Lors d’une conférence de presse, le ministre du Pétrole, Bassem Khodeir, a déclaré que «les exportations ont atteint depuis le début du mois un rythme de deux millions de barils par jour», ce qui représente un total d’environ 26 millions de barils depuis le 1er août.
Il a ajouté que ce volume avait été atteint «pour la première fois depuis le début de la crise», le 28 février, jour où Israël et les États-Unis ont lancé leur offensive contre l’Iran, qui a notamment riposté en verrouillant le stratégique détroit d’Ormuz, par lequel transite habituellement un cinquième des hydrocarbures de la planète.
Mais ce niveau est toujours deux fois inférieur à celui d’avant guerre où le pays produisait alors environ quatre millions de barils par jour.
Et le pays exportait en moyenne 105 millions de barils par mois, principalement depuis son terminal pétrolier de Bassorah via le détroit d’Ormuz.

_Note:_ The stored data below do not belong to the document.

-- ===== src/CatState/Updates.antt =====
-- src/cat_state.c: the calls that change the state, as one type.
use mhuxd.Base.{ℕ, Bool}
use mhuxd.CatState.Modes.{Mode}
use mhuxd.CatState.{
  CatState, set_freq, set_mode, set_data, set_split, select_vfo, exchange_vfos, equalize_vfos,
}

-- The calls that change the state.
pub data Update : Type 0 where
  freq_call : ℕ → ℕ → Update
  mode_call : ℕ → Mode → Update
  data_call : ℕ → Bool → Update
  split_call : Bool → Update
  select_call : Bool → Update
  exchange_call : Update
  equalize_call : Update

abbrev pub perform : Update → CatState → ℕ → CatState
perform (freq_call vfo hz) st t = set_freq st vfo hz t
perform (mode_call vfo m) st t = set_mode st vfo m t
perform (data_call vfo b) st t = set_data st vfo b t
perform (split_call b) st t = set_split st b t
perform (select_call ab) st t = select_vfo st ab t
perform exchange_call st t = exchange_vfos st
perform equalize_call st t = equalize_vfos st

Ali Nizar, directeur de l’Organisation nationale irakienne pour la commercialisation du pétrole (SOMO), avait estimé lors d’une interview télévisée la semaine dernière que l’Irak avait exporté en juillet «entre 35,5 et 37 millions de barils» via le détroit d’Ormuz.
L’Irak, membre fondateur de l’Opep, a été contraint par la guerre de mettre en pause la production de la plupart de ses champs pétroliers pendant la guerre, les réservoirs étant saturés.
En raison de la perturbation de la navigation dans le détroit d’Ormuz, Bagdad a commencé à exporter du pétrole brut à l’aide de camions-citernes transitant par la Syrie, ainsi que par un oléoduc reliant l’Irak au port turc de Ceyhan.
Sept millions de barils avaient transité en juillet par cette dernière voie.